** DATA FOR THIS EXERCISE follows **
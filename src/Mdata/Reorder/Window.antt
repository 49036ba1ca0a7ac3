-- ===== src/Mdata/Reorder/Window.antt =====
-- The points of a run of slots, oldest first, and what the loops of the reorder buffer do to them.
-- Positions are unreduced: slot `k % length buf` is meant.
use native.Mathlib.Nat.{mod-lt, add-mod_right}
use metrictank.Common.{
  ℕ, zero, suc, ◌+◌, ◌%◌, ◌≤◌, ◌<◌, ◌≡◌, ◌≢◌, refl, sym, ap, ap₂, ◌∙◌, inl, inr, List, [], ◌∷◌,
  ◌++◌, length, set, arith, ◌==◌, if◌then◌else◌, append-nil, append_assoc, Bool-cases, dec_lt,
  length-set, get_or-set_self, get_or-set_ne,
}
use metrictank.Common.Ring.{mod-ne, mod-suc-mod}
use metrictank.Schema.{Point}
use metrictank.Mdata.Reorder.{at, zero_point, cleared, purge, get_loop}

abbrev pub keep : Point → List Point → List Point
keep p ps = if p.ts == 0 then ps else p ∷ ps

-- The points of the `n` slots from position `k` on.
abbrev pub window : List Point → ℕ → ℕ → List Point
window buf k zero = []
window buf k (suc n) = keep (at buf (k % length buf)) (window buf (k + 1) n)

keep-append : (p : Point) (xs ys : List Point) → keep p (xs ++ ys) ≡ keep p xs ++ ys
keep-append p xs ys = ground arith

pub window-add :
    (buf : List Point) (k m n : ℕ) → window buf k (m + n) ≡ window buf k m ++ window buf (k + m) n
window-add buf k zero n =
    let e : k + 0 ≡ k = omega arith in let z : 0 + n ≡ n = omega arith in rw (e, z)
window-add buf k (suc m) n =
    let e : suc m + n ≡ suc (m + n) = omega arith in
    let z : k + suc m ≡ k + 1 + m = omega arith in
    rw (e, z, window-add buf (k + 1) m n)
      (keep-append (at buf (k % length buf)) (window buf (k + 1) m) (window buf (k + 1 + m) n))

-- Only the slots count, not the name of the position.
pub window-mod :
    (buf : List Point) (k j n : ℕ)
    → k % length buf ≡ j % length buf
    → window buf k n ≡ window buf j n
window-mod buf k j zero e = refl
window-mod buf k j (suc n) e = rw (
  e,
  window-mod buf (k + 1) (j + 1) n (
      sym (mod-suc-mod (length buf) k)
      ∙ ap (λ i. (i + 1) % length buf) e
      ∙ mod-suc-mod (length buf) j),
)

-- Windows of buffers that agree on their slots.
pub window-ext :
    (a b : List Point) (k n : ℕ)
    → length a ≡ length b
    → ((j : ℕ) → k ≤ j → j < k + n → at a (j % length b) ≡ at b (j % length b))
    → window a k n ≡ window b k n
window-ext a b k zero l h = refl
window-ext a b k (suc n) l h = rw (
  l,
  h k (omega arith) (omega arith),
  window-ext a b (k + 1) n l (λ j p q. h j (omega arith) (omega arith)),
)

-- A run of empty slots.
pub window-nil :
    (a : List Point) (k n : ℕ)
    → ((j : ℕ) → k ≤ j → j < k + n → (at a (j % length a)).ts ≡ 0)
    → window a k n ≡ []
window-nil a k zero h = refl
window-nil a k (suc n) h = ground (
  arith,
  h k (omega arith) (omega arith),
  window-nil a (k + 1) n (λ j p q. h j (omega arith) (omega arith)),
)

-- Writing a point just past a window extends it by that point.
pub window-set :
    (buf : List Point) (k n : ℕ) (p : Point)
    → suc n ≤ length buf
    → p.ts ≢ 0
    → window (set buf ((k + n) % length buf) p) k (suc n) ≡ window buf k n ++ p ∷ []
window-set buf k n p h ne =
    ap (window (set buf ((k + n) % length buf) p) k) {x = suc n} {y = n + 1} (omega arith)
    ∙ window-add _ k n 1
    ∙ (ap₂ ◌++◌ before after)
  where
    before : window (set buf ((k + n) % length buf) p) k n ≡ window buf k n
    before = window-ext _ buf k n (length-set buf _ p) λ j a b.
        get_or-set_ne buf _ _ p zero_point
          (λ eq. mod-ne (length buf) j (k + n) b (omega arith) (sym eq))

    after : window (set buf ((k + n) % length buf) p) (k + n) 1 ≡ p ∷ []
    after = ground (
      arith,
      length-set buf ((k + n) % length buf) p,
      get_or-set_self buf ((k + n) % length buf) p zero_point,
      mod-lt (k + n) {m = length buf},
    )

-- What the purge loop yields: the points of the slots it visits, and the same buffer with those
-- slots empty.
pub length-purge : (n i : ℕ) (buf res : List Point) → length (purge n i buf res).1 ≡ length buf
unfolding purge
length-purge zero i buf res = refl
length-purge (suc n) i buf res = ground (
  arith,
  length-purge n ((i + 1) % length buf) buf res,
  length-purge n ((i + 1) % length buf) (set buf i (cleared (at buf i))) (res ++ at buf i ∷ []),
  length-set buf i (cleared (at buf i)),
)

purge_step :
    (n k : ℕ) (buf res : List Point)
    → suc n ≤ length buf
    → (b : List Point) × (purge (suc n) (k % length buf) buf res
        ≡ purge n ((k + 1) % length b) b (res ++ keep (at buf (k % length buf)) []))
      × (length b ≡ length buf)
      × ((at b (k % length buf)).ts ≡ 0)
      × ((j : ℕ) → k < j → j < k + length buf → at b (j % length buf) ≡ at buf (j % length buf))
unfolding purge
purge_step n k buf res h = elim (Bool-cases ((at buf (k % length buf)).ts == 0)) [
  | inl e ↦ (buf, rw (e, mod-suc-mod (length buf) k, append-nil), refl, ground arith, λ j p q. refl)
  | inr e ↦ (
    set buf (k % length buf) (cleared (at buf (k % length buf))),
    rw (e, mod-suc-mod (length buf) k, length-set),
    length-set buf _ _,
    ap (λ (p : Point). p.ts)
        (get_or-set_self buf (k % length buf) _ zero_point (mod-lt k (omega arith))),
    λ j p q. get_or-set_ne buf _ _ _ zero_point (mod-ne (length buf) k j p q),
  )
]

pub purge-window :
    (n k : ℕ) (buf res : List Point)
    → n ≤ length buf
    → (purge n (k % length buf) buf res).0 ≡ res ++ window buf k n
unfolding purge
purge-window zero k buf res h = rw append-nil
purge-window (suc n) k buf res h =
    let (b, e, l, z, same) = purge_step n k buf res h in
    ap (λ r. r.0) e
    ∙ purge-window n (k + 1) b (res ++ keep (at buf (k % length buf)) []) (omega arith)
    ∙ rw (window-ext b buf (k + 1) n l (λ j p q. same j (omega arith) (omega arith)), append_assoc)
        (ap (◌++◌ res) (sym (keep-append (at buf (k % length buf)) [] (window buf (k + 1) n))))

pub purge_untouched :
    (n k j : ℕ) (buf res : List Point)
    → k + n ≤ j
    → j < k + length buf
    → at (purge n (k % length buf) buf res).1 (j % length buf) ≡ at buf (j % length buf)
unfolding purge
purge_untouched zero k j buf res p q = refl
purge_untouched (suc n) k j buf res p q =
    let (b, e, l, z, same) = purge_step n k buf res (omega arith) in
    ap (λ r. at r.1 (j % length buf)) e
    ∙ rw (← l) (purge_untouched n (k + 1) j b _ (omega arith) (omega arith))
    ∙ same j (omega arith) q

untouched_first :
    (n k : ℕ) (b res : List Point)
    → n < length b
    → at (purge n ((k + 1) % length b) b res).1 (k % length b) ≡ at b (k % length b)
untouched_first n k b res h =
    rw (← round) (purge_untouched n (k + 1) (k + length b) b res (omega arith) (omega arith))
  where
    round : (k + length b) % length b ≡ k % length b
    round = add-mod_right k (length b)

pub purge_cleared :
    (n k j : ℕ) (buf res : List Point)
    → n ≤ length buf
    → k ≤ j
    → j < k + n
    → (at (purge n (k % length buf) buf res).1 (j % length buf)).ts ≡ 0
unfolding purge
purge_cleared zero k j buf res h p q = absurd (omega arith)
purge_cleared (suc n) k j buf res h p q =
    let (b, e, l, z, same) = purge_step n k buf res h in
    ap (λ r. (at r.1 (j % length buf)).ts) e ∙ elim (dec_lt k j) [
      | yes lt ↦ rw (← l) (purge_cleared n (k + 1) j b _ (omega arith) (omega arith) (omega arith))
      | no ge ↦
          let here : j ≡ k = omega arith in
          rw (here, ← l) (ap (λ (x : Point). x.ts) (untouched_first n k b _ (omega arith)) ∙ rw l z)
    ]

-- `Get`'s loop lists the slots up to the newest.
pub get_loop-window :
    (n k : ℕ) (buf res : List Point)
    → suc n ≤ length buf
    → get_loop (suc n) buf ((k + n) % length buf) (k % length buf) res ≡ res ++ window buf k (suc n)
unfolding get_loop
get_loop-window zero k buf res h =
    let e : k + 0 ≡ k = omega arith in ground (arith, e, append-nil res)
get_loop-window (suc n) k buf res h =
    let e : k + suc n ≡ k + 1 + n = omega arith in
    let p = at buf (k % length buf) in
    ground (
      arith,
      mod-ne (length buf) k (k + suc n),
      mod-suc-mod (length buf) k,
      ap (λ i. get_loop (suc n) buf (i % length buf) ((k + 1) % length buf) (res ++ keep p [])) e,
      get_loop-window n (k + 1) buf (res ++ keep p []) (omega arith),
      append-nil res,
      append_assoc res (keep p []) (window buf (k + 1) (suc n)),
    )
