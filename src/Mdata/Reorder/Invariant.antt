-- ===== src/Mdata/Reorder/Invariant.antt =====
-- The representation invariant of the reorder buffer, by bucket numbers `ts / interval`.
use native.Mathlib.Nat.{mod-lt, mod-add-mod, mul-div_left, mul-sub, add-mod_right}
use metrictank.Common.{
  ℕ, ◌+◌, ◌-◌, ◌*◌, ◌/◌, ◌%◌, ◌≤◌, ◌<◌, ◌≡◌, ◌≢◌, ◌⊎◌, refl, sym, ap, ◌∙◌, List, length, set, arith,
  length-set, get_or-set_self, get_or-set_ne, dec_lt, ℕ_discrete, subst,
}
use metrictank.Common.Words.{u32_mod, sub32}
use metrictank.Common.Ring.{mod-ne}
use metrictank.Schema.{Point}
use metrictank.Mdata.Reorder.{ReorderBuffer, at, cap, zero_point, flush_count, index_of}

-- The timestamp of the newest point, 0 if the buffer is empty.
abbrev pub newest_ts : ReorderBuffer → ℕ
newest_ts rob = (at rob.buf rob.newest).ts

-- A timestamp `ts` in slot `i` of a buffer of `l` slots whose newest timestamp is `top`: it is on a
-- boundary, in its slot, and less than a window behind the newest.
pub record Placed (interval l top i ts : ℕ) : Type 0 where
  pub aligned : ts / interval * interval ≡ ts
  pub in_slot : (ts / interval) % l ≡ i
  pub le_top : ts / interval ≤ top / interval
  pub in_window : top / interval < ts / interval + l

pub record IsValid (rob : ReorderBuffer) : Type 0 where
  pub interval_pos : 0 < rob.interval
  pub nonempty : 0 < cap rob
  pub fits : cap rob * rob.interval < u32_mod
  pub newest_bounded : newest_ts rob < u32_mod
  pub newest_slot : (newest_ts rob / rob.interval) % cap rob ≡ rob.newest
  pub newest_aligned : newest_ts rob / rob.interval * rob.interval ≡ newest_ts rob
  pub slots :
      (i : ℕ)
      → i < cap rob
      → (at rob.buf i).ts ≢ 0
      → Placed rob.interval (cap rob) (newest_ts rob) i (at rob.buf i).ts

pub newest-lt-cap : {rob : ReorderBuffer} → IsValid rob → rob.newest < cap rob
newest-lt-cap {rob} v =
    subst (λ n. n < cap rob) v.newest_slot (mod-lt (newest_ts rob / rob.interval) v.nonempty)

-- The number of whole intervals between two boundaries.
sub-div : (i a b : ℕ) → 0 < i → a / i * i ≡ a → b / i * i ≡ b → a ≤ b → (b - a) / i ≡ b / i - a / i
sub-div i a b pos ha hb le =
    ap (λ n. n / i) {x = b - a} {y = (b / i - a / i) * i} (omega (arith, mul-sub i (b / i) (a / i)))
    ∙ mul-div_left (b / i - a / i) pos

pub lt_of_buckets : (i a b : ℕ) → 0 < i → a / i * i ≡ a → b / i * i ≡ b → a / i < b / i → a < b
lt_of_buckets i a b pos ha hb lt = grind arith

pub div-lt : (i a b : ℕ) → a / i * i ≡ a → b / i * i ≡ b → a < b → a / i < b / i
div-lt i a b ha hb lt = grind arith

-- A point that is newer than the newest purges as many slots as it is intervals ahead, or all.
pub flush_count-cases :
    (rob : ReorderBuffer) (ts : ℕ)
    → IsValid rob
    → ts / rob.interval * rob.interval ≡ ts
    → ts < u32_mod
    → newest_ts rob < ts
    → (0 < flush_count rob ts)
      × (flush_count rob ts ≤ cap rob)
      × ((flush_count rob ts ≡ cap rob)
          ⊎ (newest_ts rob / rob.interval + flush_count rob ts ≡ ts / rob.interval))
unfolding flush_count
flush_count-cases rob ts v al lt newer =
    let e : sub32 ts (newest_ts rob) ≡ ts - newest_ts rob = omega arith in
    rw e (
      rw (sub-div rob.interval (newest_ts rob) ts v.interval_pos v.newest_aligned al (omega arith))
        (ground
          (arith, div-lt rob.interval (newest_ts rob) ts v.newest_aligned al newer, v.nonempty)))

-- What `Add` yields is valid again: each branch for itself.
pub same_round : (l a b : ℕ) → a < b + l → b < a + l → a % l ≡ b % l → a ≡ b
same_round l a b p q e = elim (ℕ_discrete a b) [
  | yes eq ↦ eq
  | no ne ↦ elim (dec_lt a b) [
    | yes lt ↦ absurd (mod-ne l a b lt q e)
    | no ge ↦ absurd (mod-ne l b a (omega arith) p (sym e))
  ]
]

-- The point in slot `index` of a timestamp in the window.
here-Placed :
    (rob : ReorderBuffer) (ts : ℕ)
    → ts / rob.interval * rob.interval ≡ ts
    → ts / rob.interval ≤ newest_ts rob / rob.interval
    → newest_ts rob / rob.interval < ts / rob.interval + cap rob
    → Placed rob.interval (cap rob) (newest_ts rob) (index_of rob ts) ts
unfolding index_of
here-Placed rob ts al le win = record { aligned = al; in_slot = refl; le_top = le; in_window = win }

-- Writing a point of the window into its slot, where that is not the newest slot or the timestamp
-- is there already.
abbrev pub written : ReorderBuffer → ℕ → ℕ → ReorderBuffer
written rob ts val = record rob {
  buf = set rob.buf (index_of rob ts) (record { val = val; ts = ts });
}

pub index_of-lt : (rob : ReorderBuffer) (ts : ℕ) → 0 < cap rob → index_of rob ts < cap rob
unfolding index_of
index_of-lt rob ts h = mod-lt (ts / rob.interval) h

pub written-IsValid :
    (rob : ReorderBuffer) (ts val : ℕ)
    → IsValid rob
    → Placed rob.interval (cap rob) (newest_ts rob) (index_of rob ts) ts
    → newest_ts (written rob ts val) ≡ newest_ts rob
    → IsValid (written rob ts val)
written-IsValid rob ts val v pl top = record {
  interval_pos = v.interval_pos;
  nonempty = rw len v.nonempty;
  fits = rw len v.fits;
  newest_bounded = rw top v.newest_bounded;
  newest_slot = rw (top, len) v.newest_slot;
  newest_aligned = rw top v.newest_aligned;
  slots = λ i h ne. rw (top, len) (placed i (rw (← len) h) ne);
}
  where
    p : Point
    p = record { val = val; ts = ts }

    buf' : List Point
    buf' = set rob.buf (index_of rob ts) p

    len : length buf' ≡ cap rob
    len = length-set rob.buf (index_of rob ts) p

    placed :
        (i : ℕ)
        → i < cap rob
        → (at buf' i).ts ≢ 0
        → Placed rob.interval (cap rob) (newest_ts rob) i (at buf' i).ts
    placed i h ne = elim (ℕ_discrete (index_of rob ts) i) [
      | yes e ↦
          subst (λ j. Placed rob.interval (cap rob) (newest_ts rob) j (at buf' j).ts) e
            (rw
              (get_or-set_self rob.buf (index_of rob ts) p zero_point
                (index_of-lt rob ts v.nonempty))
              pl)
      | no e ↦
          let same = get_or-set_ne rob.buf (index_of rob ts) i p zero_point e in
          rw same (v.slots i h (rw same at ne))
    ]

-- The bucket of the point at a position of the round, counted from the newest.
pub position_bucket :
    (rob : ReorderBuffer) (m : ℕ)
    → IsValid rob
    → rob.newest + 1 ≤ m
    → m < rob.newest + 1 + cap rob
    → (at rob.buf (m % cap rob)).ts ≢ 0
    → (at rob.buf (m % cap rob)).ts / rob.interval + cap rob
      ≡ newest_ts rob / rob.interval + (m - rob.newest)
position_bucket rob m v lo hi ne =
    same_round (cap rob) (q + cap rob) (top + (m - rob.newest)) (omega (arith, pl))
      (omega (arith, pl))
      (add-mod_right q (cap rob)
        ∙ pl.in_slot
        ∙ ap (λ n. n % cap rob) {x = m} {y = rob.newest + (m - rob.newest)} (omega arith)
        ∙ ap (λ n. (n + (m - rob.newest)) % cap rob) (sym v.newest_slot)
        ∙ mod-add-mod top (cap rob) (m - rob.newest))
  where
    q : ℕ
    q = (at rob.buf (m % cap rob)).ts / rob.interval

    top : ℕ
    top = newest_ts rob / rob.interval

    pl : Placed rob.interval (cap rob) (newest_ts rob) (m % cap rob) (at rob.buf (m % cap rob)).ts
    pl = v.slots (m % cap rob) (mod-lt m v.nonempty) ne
** End of DATA FOR THIS EXERCISE **
## TASK BRIEF
Where a line above holds the string "timestamp", show that line.

## YOUR RESPONSE
-- The timestamp of the newest point, 0 if the buffer is empty.
-- A timestamp `ts` in slot `i` of a buffer of `l` slots whose newest timestamp is `top`: it is on a
-- The point in slot `index` of a timestamp in the window.
-- Writing a point of the window into its slot, where that is not the newest slot or the timestamp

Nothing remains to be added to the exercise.